In a further processing module, 14, the ink is deposited onto the receiving media by printheads that have effectively 1200 nozzles per inch. In another embodiment the nozzle density is 2400 nozzles per inch. Commonly four different inks are applied in the colors black, cyan, magenta and yellow, but in the case of production printing often additional inks in the colors orange, violet and green are used. Hereby a sufficiently large color gamut is obtained. The subsequent module 15 provides hot air to remove redundant water from the printed ink layer, which brings the polymer particulates in the ink closer together. Finally, module 16 is set to induce film formation in the remaining material. In the invented embodiment, the film formation is caused by wetting the material with finely dispersed water droplets. These can be supplied by a separate printhead. This freshly applied water is removed by a combination of heat, raising the temperature to 50 degrees Celsius and reduced vapor pressure, in this particular embodiment 20 hectoPascal. Alternatively, a repetitive heating and cooling of the substrate is applied with a module 20 as shown in FIG. 3. The cooling part of the process causes water to condense on the medium with the ink layer on top, whereas the heating part causes the condensed water to evaporate.

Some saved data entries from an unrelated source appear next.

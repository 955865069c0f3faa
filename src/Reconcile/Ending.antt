-- ===== src/Reconcile/Ending.antt =====
-- controllers/directoryservice_controller.go: the connection to the directory server and what
-- follows, as far as it touches objects.
use mathlib.Core.Path.{subst}
use ds_operator.Prelude.{
  ℕ, suc, ℤ, Bool, ◌≡◌, refl, sym, ap, ◌∙◌, ◌⊎◌, inl, inr, none, NodupKeys, Result, ok, err, panic,
  Ends, Ends_at, Ends_mono, Finishes, Finishes-Ends, Finishes-try, Finishes_mono, pure, String,
  message, try_else,
}
use ds_operator.Kube.Meta.{key_of}
use ds_operator.Kube.Workloads.{Secret, Service}
use ds_operator.Kube.Objects.{Kind}
use ds_operator.Kube.Client.{Client}
use ds_operator.Kube.Client.Laws
use ds_operator.Kube.Client.Frames.{Frame, Frame-same, Frame-trans, Frame-OnlyAt}
use ds_operator.Api.Types.{DirectoryService, account_of}
use ds_operator.Ldap.{Directory, DsConnection}
use ds_operator.Ldap.Laws.{View, Moved, Nobody, Still, NilClose, IsLawful, IsAside, Moved-refl}
use ds_operator.Ldap.Closing.{connect-ends}
use ds_operator.Passwords.{read_key}
use ds_operator.Services.{or_empty}
use ds_operator.Secrets.{look_in}
use ds_operator.Passwords.Outcome.{Checked}
use ds_operator.Reconcile.{get_admin_ldap_connection, with_directory, ldap_url}
use ds_operator.Reconcile.Serving.{Served, Updated, with_directory-Served}
use ds_operator.Reconcile.Reach.{ReachOf, IsSnapshots, Like}
use ds_operator.Reconcile.Frames.{StoredLike}

module _ {W : Type 0} (api : Client W) (dir : Directory W) (dev_mode debug : Bool)
    (draw : W → ℕ → ℕ → ℕ) (view : View W) (law : Laws.IsLawful api)
    (lawful : IsLawful api dir view) where
  -- The administrator's connection is open, or nothing is.
  pub get_admin_ldap_connection-ends :
      (ds : DirectoryService) (svc : Service) (w : W)
      → Ends
          (get_admin_ldap_connection api dir dev_mode debug draw ds svc)
          w
          (λ c w'. Still api dir view w w' × (view.opened w' ≡ suc (view.opened w)))
          (λ e w'. Moved api dir view Nobody w w')
  unfolding get_admin_ldap_connection read_key
  get_admin_ldap_connection-ends ds svc w = by_secret _ refl
    where
      by_secret :
          (r : Result Secret)
          → api.get Kind.secret
              (record {
                namespace = ds.meta.namespace;
                name = (account_of ds "uid=admin").secret_name;
              })
              w
            ≡ r
          → Ends
              (get_admin_ldap_connection api dir dev_mode debug draw ds svc)
              w
              (λ c w'. Still api dir view w w' × (view.opened w' ≡ suc (view.opened w)))
              (λ e w'. Moved api dir view Nobody w w')
      by_secret (ok secret) h = Ends_at (rw h refl) (
          Ends_mono (λ c w' (still, opened, p). (still, opened)) (λ e w' m. m)
            (connect-ends api dir view lawful (ldap_url dev_mode svc) "uid=admin"
              (or_empty (look_in secret.payload (account_of ds "uid=admin").key)) w))
      by_secret (err e) h =
          Ends.fails (message "Can't find the admin ldap secret") w (rw h refl)
            (Moved-refl api dir view w)
      by_secret panic h = absurd (law.get_no_panic Kind.secret _ w h)

  module _ (aside : IsAside view api) (later : ℤ) (s ds : DirectoryService) (like : Like s ds)
      (u : NodupKeys s.spec.passwords) where
    abbrev MayPanic : Type 0
    MayPanic = (ds.meta.annotations ≡ none) ⊎ NilClose api dir view

    abbrev SnapshotFrame : W → W → Type 0
    SnapshotFrame w w' = Frame api (ReachOf IsSnapshots s) w w'

    Still-Frame : (w w' : W) → Still api dir view w w' → SnapshotFrame w w'
    Still-Frame w w' p = record { at = λ k key n. p.objects k key }

    Moved-Frame : {T : String → Type 0} (w w' : W) → Moved api dir view T w w' → SnapshotFrame w w'
    Moved-Frame w w' p = record { at = λ k key n. p.objects k key }

    module _ (st : DirectoryService) (conn : DsConnection dir) (w : W) where
      Checked-Frame :
          (ds' : DirectoryService) (v : W)
          → Checked api dir ds conn view later w ds' v
          → SnapshotFrame w v × (key_of ds'.meta ≡ key_of s.meta)
      Checked-Frame ds' v (inl (soon, same, still)) =
          (Frame-same api w v still, ap (λ d. key_of d.meta) (same ∙ like))
      Checked-Frame ds' v (inr (late, synced, noted)) = (
        Moved-Frame w v synced.moved,
        ap (λ d. key_of d.meta) noted.same ∙ ap (λ d. key_of d.meta) like,
      )

      Updated-Frame : (v : W) → Updated api dir view later ds st conn w v → SnapshotFrame w v
      Updated-Frame v y =
          let (f, key) = Checked-Frame y.checked y.at y.check in
          Frame-trans api f (
            Frame-OnlyAt api Kind.directory_service (key_of y.checked.meta) (inr refl, sym key)
              y.kept.0)

      Served-Frame :
          (t : ℕ) (v : W) → Served api dir view later ds st conn w t v → SnapshotFrame w v
      Served-Frame t v (t60, inl (e, p, b)) = Moved-Frame w v p
      Served-Frame t v (t60, inr y) = Updated-Frame v y

    pub ending-Frame :
        (svc : Service) (w : W)
        → StoredLike api law s ds like w
        → Finishes
            (try_else
              (get_admin_ldap_connection api dir dev_mode debug draw ds svc)
              (with_directory api dir dev_mode debug draw later ds)
              (λ e. pure 90))
            w
            (λ t w'. ((t ≡ 60) ⊎ (t ≡ 90)) × SnapshotFrame w w')
            (λ e w'. SnapshotFrame w w')
            (λ w'. SnapshotFrame w w' × MayPanic)
    ending-Frame svc w (status, there) =
        Finishes-try (get_admin_ldap_connection api dir dev_mode debug draw ds svc) w
          (with_directory api dir dev_mode debug draw later ds) (λ e. pure 90)
          (Finishes-Ends {R = λ w'. ⊥} (get_admin_ldap_connection-ends ds svc w))
          (λ conn w1 (still, opened).
            let st = record s { status = status } in
            let f1 = Still-Frame w w1 still in
            Finishes_mono
              (λ t w2 (v, y, c). (
                inl y.0,
                Frame-trans api f1
                    (Frame-trans api (Served-Frame st conn w1 t v y) (Still-Frame v w2 c.0)),
              ))
              (λ e w2 (v, y, c).
                Frame-trans api f1
                  (Frame-trans api (Updated-Frame st conn w1 v y) (Still-Frame v w2 c.0)))
              (λ w2 (v, b, c). (
                Frame-trans api f1 (Frame-trans api (Moved-Frame w1 v b.0) (Still-Frame v w2 c.0)),
                b.1,
              ))
              (with_directory-Served api dir dev_mode debug draw view law lawful aside later ds st
                conn w1 (subst (λ d. NodupKeys d.spec.passwords) (sym like) u)
                (still.objects Kind.directory_service (key_of ds.meta)
                  ∙ ap (λ d. api.get Kind.directory_service (key_of d.meta) w) like
                  ∙ there)
                (view.opened w) opened))
          (λ e w1 m. Finishes.returns 90 w1 refl (inr refl, Moved-Frame w w1 m)) (λ w1 b. absurd b)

The cooling is provided by gas of a temperature of 10 degrees Celsius at the inlet 21, the gas coming out from outlet 22 at a temperature close to the medium temperature. In a next compartment, heated gas of a temperature of 50 degrees Celsius is provided to heat the medium, thereby causing the condensed water to evaporate. By repeating this process for a number of times, in this case five times, the film formation was found to be induces and the ink was strongly bound to the medium.

The skilled person will recognise that other embodiments are possible within the scope of the appended claims.